In this paper, we use a Resnet^[31] style encoder, while our generator and discriminator follow the design of BigGAN^[32]. Encoder first maps an input x into variance $E_{\sigma^2}(x)$ and mean $E_{\mu^2}(x)$ of a Gaussian distribution. Then randomly sample the encoding $z$ from that distribution. See (1), where $r$ is a random vector sampled from the standard Gaussian distribution, and the $◦$ symbol stands for element-wise multiplication.

$z=E_{\sigma^2}(x) \circ r+E_\mu(x) \sim \mathcal{N}\left(E_\mu(x), E_{\sigma^2}(x)\right) \tag{1}$

Networks Training. The losses used to train our networks include GAN losses, KLD loss $\mathcal{L}_{\mu, \sigma^2}$ and reconstruction loss $\mathcal{L}_{r}$ . GAN losses follow the hinge loss that bigGAN uses. The KLD loss is the Kullback – Leibler divergence from $\mathcal{N}\left(E_\mu(x), E_{\sigma^2}(x)\right)$ to $\mathcal{N}(0,1)$ .

$\begin{aligned} \mathcal{L}_{\mu, \sigma^2} & =K L\left(\mathcal{N}\left(E_\mu(x), E_{\sigma^2}(x)\right) \| \mathcal{N}(0,1)\right) \\ & =\frac{1}{2}\left(E_\mu(x)^2+E_{\sigma^2}(x)-\log \left(E_{\sigma^2}(x)\right)-1\right) \end{aligned} \tag{2}$

The reconstruction loss is the normal L1 distance of input $x$ and its reconstruction $x'$ , plus perceptual reconstruction loss of weight $\lambda_p$ ^[33].

$\mathcal{L}_r=\left|\left|x-x^{\prime} \|+\lambda_p\right|\right| P(x)-P\left(x^{\prime}\right)| | \tag{3}$

To avoid the KL vanishing problem^[34], we linearly schedule the weight of $\mathcal{L}_{\mu, \sigma^2}$ from 0 to its maximum during the whole training process. Because the training of the VAE- GAN model is not the key point of this paper, we do not give detailed settings of this part.

B. Semantic data augmentation

With the network properly trained, we can get the encoding of every sample. And our augmentation is done based on the latent encoding samples. In feature space, changing samples along certain directions can lead to certain semantic transformations, and this can be used for data augmentation. But sometimes such transformations may be meaningless, for example, adding tears and frowns to a sample from happiness class. So random sampling from isotropic distributions is not feasible. In our solution, for each class, the covariance matrix $Σ_c$ of all samples in class $c$ is computed. Then to augment a randomly selected sample $z$ in class $c$ , we use (4) to add an augmentation random factor to the $E_\mu(x)$ part of $z$ . In (4), $s$ is a predefined hyperparameter, controlling the augmentation strength.

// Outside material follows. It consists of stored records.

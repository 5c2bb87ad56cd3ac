-- ===== src/Queue/Evolution.antt =====
-- How a stored job may change: the relation that every operation of jobs.py keeps.
use verifier_ci.Prelude.{
  ℕ, ◌≤◌, ◌<◌, ◌⊎◌, none, ◌≡◌, refl, Bool, true, some, List, ◌∙◌, arith, Bool-cases, inl, inr,
}
use verifier_ci.Prelude.Tables.{find_key-update, update_where}
use verifier_ci.Models.Job.{Key, Job, is_terminal}
use verifier_ci.Queue.Database.{find_job}

abbrev pub job_key : Job → ℕ
job_key j = j.job_id

-- The lease of a job, as far as the fence stays: it is cleared, or its holder is the same.
abbrev pub KeepsHolder : Job → Job → Type 0
KeepsHolder j j' =
    (j.fence < j'.fence)
    ⊎ ((j'.lease_token ≡ none)
        ⊎ ((j'.lease_token ≡ j.lease_token)
            × (j'.worker_id ≡ j.worker_id)
            × (j'.attempt_id ≡ j.attempt_id)))

-- From one stored job to a later one: the coordinates stay, the fence and the number of attempts
-- do not fall, the lease changes hands only under a higher fence, and a terminal job does not change
-- at all.
pub record Advance (j j' : Job) : Type 0 where
  pub same_job : j'.job_id ≡ j.job_id
  pub same_run : j'.run_id ≡ j.run_id
  pub same_task : j'.task_key ≡ j.task_key
  pub same_case : j'.case_id ≡ j.case_id
  pub same_verifier : j'.verifier_key ≡ j.verifier_key
  pub same_repetition : j'.repetition ≡ j.repetition
  pub fence_grows : j.fence ≤ j'.fence
  pub attempts_grow : j.attempts_started ≤ j'.attempts_started
  pub keeps_holder : KeepsHolder j j'
  pub terminal_stays : is_terminal j.state ≡ true → j' ≡ j

pub Advance-refl : (j : Job) → Advance j j
Advance-refl j = record {
  same_job = refl;
  same_run = refl;
  same_task = refl;
  same_case = refl;
  same_verifier = refl;
  same_repetition = refl;
  fence_grows = omega arith;
  attempts_grow = omega arith;
  keeps_holder = inr (inr (refl, refl, refl));
  terminal_stays = λ _. refl;
}

KeepsHolder-trans :
    (a b c : Job)
    → a.fence ≤ b.fence
    → b.fence ≤ c.fence
    → KeepsHolder a b
    → KeepsHolder b c
    → KeepsHolder a c
KeepsHolder-trans a b c p q (inl h) k = inl (omega arith)
KeepsHolder-trans a b c p q (inr h) (inl k) = inl (omega arith)
KeepsHolder-trans a b c p q (inr h) (inr (inl k)) = inr (inl k)
KeepsHolder-trans a b c p q (inr (inl h)) (inr (inr (t, w, i))) = inr (inl (t ∙ h))
KeepsHolder-trans a b c p q (inr (inr (t, w, i))) (inr (inr (t', w', i'))) =
    inr (inr (t' ∙ t, w' ∙ w, i' ∙ i))

pub Advance-trans : (a b c : Job) → Advance a b → Advance b c → Advance a c
Advance-trans a b c h k = record {
  same_job = k.same_job ∙ h.same_job;
  same_run = k.same_run ∙ h.same_run;
  same_task = k.same_task ∙ h.same_task;
  same_case = k.same_case ∙ h.same_case;
  same_verifier = k.same_verifier ∙ h.same_verifier;
  same_repetition = k.same_repetition ∙ h.same_repetition;
  fence_grows = omega (arith, h.fence_grows, k.fence_grows);
  attempts_grow = omega (arith, h.attempts_grow, k.attempts_grow);
  keeps_holder = KeepsHolder-trans a b c h.fence_grows k.fence_grows h.keeps_holder k.keeps_holder;
  terminal_stays = λ t. let e = h.terminal_stays t in k.terminal_stays (rw e t) ∙ e;
}

-- Every stored job is still stored, and has advanced.
abbrev pub Evolves : List Job → List Job → Type 0
Evolves jobs jobs' =
    (k : Key) (j : Job)
    → find_job k jobs ≡ some j
    → (j' : Job) × (find_job k jobs' ≡ some j') × Advance j j'

pub Evolves-refl : (jobs : List Job) → Evolves jobs jobs
Evolves-refl jobs k j h = (j, h, Advance-refl j)

pub Evolves-trans : (a b c : List Job) → Evolves a b → Evolves b c → Evolves a c
Evolves-trans a b c f g k j h =
    let (j', h', adv') = f k j h in
    let (j'', h'', adv'') = g k j' h' in (j'', h'', Advance-trans j j' j'' adv' adv'')

-- An UPDATE evolves the table if it advances each job that it touches.
pub update-Evolves :
    (p : Job → Bool) (f : Job → Job)
    → ((j : Job) → job_key (f j) ≡ job_key j)
    → (jobs : List Job)
    → ((k : Key) (j : Job) → find_job k jobs ≡ some j → p j ≡ true → Advance j (f j))
    → Evolves jobs (update_where p f jobs)
update-Evolves p f keeps jobs adv k j h = elim (Bool-cases (p j)) [
  | inl hit ↦ (f j, rw (find_key-update job_key p f keeps k jobs, h) (rw hit), adv k j h hit)
  | inr miss ↦ (j, rw (find_key-update job_key p f keeps k jobs, h) (rw miss), Advance-refl j)
]
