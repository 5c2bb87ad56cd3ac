-- ===== src/Queue/RunState.antt =====
-- `_update_run_state`: the state of a run follows the states of its jobs.
use verifier_ci.Prelude.{
  ℕ, Bool, true, false, ◌&&◌, not, some, List, if◌then◌else◌, ◌==◌, ltb, count_if,
}
use verifier_ci.Prelude.Tables.{update_where}
use verifier_ci.Models.Job.{Key, Job, is_finished, is_failed}
use verifier_ci.Queue.Database.{Database, RunRow, RunState}

abbrev pub run_is_terminal : RunState → Bool
run_is_terminal RunState.complete = true
run_is_terminal RunState.cancelled = true
run_is_terminal RunState.failed = true
run_is_terminal _ = false

abbrev pub run_is_planned : RunState → Bool
run_is_planned RunState.planned = true
run_is_planned _ = false

abbrev pub total_count : Key → List Job → ℕ
total_count run = count_if (λ j. j.run_id == run)

abbrev pub active_count : Key → List Job → ℕ
active_count run = count_if (λ j. (j.run_id == run) && not (is_finished j.state))

abbrev pub fail_count : Key → List Job → ℕ
fail_count run = count_if (λ j. (j.run_id == run) && is_failed j.state)

-- The row of the run after the update, by the counts of its jobs.
unfoldable pub next_run_row : List Job → ℕ → RunRow → RunRow
next_run_row jobs now_ms r =
    if run_is_terminal r.state
    then r
    else if total_count r.run_id jobs == 0
    then r
    else if ltb 0 (active_count r.run_id jobs)
    then (if run_is_planned r.state then record r { state = RunState.running } else r)
    else record r {
      state =
          if r.cancel_requested
          then RunState.cancelled
          else if ltb 0 (fail_count r.run_id jobs)
          then RunState.failed
          else RunState.complete;
      finished_at = some now_ms;
    }

unfoldable pub update_run_state : Key → ℕ → Database → Database
unfolding next_run_row
update_run_state run now_ms db = record db {
  runs = update_where (λ r. r.run_id == run) (next_run_row db.jobs now_ms) db.runs;
}
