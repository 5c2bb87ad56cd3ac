-- ===== src/Queue/Keeps.antt =====
-- What every operation of jobs.py keeps across the three tables that it writes, and that the
-- single statements keep it.
use verifier_ci.Prelude.{
  ℕ, ◌≡◌, refl, ◌∙◌, Bool, true, false, ◌&&◌, some, List, [], ◌∷◌, ◌++◌, map, arith, Bool-cases,
  inl, inr, any, subst, sym,
}
use verifier_ci.Prelude.Tables.{
  find_key-key, find_key-update, find_key-append_new, keys-update, update_where, any-find_key,
}
use verifier_ci.Models.Job.{Key, Job}
use verifier_ci.Models.Attempt.{is_authoritative}
use verifier_ci.Queue.Database.{
  Database, AttemptRow, RunRow, ok, find_job, find_attempt, find_run, update_jobs, update_attempts,
  is_rejected,
}
use verifier_ci.Queue.RunState.{run_is_terminal, next_run_row, update_run_state}
use verifier_ci.Queue.Evolution.{
  job_key, Advance, Evolves, Evolves-refl, Evolves-trans, update-Evolves,
}

-- From one row of a run to a later one: a terminal run keeps its state and its end, a request for
-- cancellation stays, and the manifest is the same.
pub record RunAdvance (r r' : RunRow) : Type 0 where
  pub same_manifest : r'.manifest_hash ≡ r.manifest_hash
  pub cancel_stays : r.cancel_requested ≡ true → r'.cancel_requested ≡ true
  pub state_stays : run_is_terminal r.state ≡ true → r'.state ≡ r.state
  pub finish_stays : run_is_terminal r.state ≡ true → r'.finished_at ≡ r.finished_at

abbrev pub RunsEvolve : List RunRow → List RunRow → Type 0
RunsEvolve runs runs' =
    (k : Key) (r : RunRow)
    → find_run k runs ≡ some r
    → (r' : RunRow) × (find_run k runs' ≡ some r') × RunAdvance r r'

-- An authoritative attempt is still stored, as it was.
abbrev pub KeepsAuthority : List AttemptRow → List AttemptRow → Type 0
KeepsAuthority attempts attempts' =
    (k : Key) (a : AttemptRow)
    → find_attempt k attempts ≡ some a
    → is_authoritative a.disposition ≡ true
    → find_attempt k attempts' ≡ some a

pub record Keeps (db db' : Database) : Type 0 where
  pub jobs_evolve : Evolves db.jobs db'.jobs
  pub runs_evolve : RunsEvolve db.runs db'.runs
  pub authority_stays : KeepsAuthority db.attempts db'.attempts
  pub same_ids : map job_key db'.jobs ≡ map job_key db.jobs

RunAdvance-refl : (r : RunRow) → RunAdvance r r
RunAdvance-refl r = record {
  same_manifest = refl;
  cancel_stays = λ h. h;
  state_stays = λ _. refl;
  finish_stays = λ _. refl;
}

RunAdvance-trans : (a b c : RunRow) → RunAdvance a b → RunAdvance b c → RunAdvance a c
RunAdvance-trans a b c h k = record {
  same_manifest = k.same_manifest ∙ h.same_manifest;
  cancel_stays = λ t. k.cancel_stays (h.cancel_stays t);
  state_stays = λ t. k.state_stays (rw (h.state_stays t) t) ∙ h.state_stays t;
  finish_stays = λ t. k.finish_stays (rw (h.state_stays t) t) ∙ h.finish_stays t;
}

RunsEvolve-refl : (runs : List RunRow) → RunsEvolve runs runs
RunsEvolve-refl runs k r h = (r, h, RunAdvance-refl r)

RunsEvolve-trans : (a b c : List RunRow) → RunsEvolve a b → RunsEvolve b c → RunsEvolve a c
RunsEvolve-trans a b c f g k r h =
    let (r', h', adv') = f k r h in
    let (r'', h'', adv'') = g k r' h' in (r'', h'', RunAdvance-trans r r' r'' adv' adv'')

pub Keeps-refl : (db : Database) → Keeps db db
Keeps-refl db = record {
  jobs_evolve = Evolves-refl db.jobs;
  runs_evolve = RunsEvolve-refl db.runs;
  authority_stays = λ k a h _. h;
  same_ids = refl;
}

pub Keeps-trans : (a b c : Database) → Keeps a b → Keeps b c → Keeps a c
Keeps-trans a b c f g = record {
  jobs_evolve = Evolves-trans a.jobs b.jobs c.jobs f.jobs_evolve g.jobs_evolve;
  runs_evolve = RunsEvolve-trans a.runs b.runs c.runs f.runs_evolve g.runs_evolve;
  authority_stays = λ k r h t. g.authority_stays k r (f.authority_stays k r h t) t;
  same_ids = g.same_ids ∙ f.same_ids;
}

-- An UPDATE of jobs that advances each job that it touches.
pub update_jobs-Keeps :
    (p : Job → Bool) (f : Job → Job) (db : Database)
    → ((j : Job) → job_key (f j) ≡ job_key j)
    → ((k : Key) (j : Job) → find_job k db.jobs ≡ some j → p j ≡ true → Advance j (f j))
    → Keeps db (update_jobs p f db)
update_jobs-Keeps p f db keeps adv = record {
  jobs_evolve = update-Evolves p f keeps db.jobs adv;
  runs_evolve = RunsEvolve-refl db.runs;
  authority_stays = λ k a h _. h;
  same_ids = keys-update job_key p f keeps db.jobs;
}

-- An UPDATE of runs that advances each run that it touches.
pub update_runs-Keeps :
    (p : RunRow → Bool) (f : RunRow → RunRow) (db : Database)
    → ((r : RunRow) → (f r).run_id ≡ r.run_id)
    → ((r : RunRow) → RunAdvance r (f r))
    → Keeps db (record db { runs = update_where p f db.runs })
update_runs-Keeps p f db keeps adv = record {
  jobs_evolve = Evolves-refl db.jobs;
  runs_evolve = λ k r h. elim (Bool-cases (p r)) [
    | inl hit ↦ (f r, rw (find_key-update (λ r. r.run_id) p f keeps k db.runs, h) (rw hit), adv r)
    | inr miss ↦ (
      r,
      rw (find_key-update (λ r. r.run_id) p f keeps k db.runs, h) (rw miss),
      RunAdvance-refl r,
    )
  ];
  authority_stays = λ k a h _. h;
  same_ids = refl;
}

next_run_row-RunAdvance :
    (jobs : List Job) (now : ℕ) (r : RunRow) → RunAdvance r (next_run_row jobs now r)
unfolding next_run_row
next_run_row-RunAdvance jobs now r = record {
  same_manifest = ground arith;
  cancel_stays = λ h. ground arith;
  state_stays = λ h. ground arith;
  finish_stays = λ h. ground arith;
}

pub next_run_row-key :
    (jobs : List Job) (now : ℕ) (r : RunRow) → (next_run_row jobs now r).run_id ≡ r.run_id
unfolding next_run_row
next_run_row-key jobs now r = ground arith

pub update_run_state-Keeps :
    (run : Key) (now : ℕ) (db : Database) → Keeps db (update_run_state run now db)
unfolding update_run_state
update_run_state-Keeps run now db =
    update_runs-Keeps _ _ db (next_run_row-key db.jobs now) (next_run_row-RunAdvance db.jobs now)

abbrev attempt_key : AttemptRow → ℕ
attempt_key a = a.attempt_id

-- An INSERT of an attempt.
pub insert-Keeps :
    (a : AttemptRow) (db : Database) → Keeps db (record db { attempts = db.attempts ++ a ∷ [] })
insert-Keeps a db = record {
  jobs_evolve = Evolves-refl db.jobs;
  runs_evolve = RunsEvolve-refl db.runs;
  authority_stays = λ k b h _. find_key-append_new attempt_key k db.attempts a b h;
  same_ids = refl;
}

-- What an UPDATE of attempts that goes through has done.
pub update_attempts-ok :
    (p : AttemptRow → Bool) (f : AttemptRow → AttemptRow) (db db' : Database)
    → update_attempts p f db ≡ ok db'
    → db' ≡ record db { attempts = update_where p f db.attempts }
update_attempts-ok p f db db' h = ground arith

-- No row that it touched was authoritative.
update_attempts-open :
    (p : AttemptRow → Bool) (f : AttemptRow → AttemptRow) (db db' : Database)
    → update_attempts p f db ≡ ok db'
    → any (λ a. p a && is_rejected db f a) db.attempts ≡ false
update_attempts-open p f db db' h = ground arith

touched_is_open :
    (p : AttemptRow → Bool) (f : AttemptRow → AttemptRow) (db : Database) (a : AttemptRow)
    → (p a && is_rejected db f a) ≡ false
    → is_authoritative a.disposition ≡ true
    → p a ≡ false
touched_is_open p f db a h t = ground arith

-- An UPDATE of attempts that goes through leaves the authoritative ones alone.
pub update_attempts-Keeps :
    (p : AttemptRow → Bool) (f : AttemptRow → AttemptRow) (db db' : Database)
    → ((a : AttemptRow) → (f a).attempt_id ≡ a.attempt_id)
    → update_attempts p f db ≡ ok db'
    → Keeps db db'
update_attempts-Keeps p f db db' keeps h =
    subst (Keeps db) (sym (update_attempts-ok p f db db' h)) (record {
      jobs_evolve = Evolves-refl db.jobs;
      runs_evolve = RunsEvolve-refl db.runs;
      authority_stays = λ k a e t.
          let open_rows = update_attempts-open p f db db' h in
          let unhit =
            any-find_key attempt_key (λ b. p b && is_rejected db f b) k db.attempts a open_rows e in
          rw (find_key-update attempt_key p f keeps k db.attempts, e)
            (rw (touched_is_open p f db a unhit t));
      same_ids = refl;
    })

-- An UPDATE of one job by its identity.
pub update_row-Keeps :
    (i : Key) (p : Job → Bool) (f : Job → Job) (db : Database) (row : Job)
    → ((j : Job) → job_key (f j) ≡ job_key j)
    → ((j : Job) → p j ≡ true → j.job_id ≡ i)
    → find_job i db.jobs ≡ some row
    → Advance row (f row)
    → Keeps db (update_jobs p f db)
update_row-Keeps i p f db row keeps by_id found adv = update_jobs-Keeps p f db keeps λ k j h hit.
    let here : k ≡ i = sym (find_key-key job_key k db.jobs j h) ∙ by_id j hit in
    let same : row ≡ j = cc (subst (λ x. find_job x db.jobs ≡ some j) here h, found) in
    subst (λ x. Advance x (f x)) same adv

$z^{\prime}=s \Sigma_c \circ r+E_\mu(x) \sim \mathcal{N}\left(E_\mu(x), s \Sigma_c\right) \tag{4}$

The augmentation process of encoding is illustrated in Fig. 3, during which process, new semantic features are added to the original samples. Because we use covariance to decide the augmentation range, meaningless augmentation direction shall be omitted. After receiving the augmented feature $z'$ , the decoder shall generate augmented images.

**Fig. 3.** Augmentation in the encoding space of VAE-GAN. This figure illustrates the process of $z$ to $z'$ in Fig. 2. First, the covariance $\sum_c$ of each class is computed. Then $\sum_c$ is used to sample the augmentation direction and step length. Lastly, original samples are modified accordingly. Different directions carry various semantic meanings in the latent space. Best viewed in color.

III. Experimental Results

RAF-DB dataset. There are 12,271 training and 3068 testing facial expression images in RAF-DB^[35]. All images are downloaded from the Internet and annotated manually. Each image is cropped into 100×100 pixels and aligned properly. The training and testing sets both have similar long- tailed distributions.

**Fig. 4.** Visualization of source images and their augmented ones. The augmentation process changes the posing direction, light, identity, and other high-level features of the data. Best viewed in color.

**Fig. 5.** Visualization of augmented images by our method. Classes are balanced through the augmentation. Best viewed in color.

Visualization results. Since our augmentation approach generates new data in image space, the most simple way to evaluate the proposed method is by plotting the augmented images and visually check them through human eyes. In Fig. 4, we can see that the augmentation process changes the posing direction, color, face shape, gender, age, and other high-level features of the data, implying that our method successfully augments data in semantic level. Fig. 5 shows more randomly selected augmented images. Our method enriches the dataset representations. And a diversified training dataset yields more robust networks.

Numerical results. For the imbalanced RAF-DB dataset, we use a balanced sampler to sample batches for training iteration, giving all classes equal frequency. By default, we set the augmentation ratio to 0.5, meaning half of the sampled training data will be augmented. We train classifiers 40 epochs. The training tick of only using the original training set in the last few epochs is adopted.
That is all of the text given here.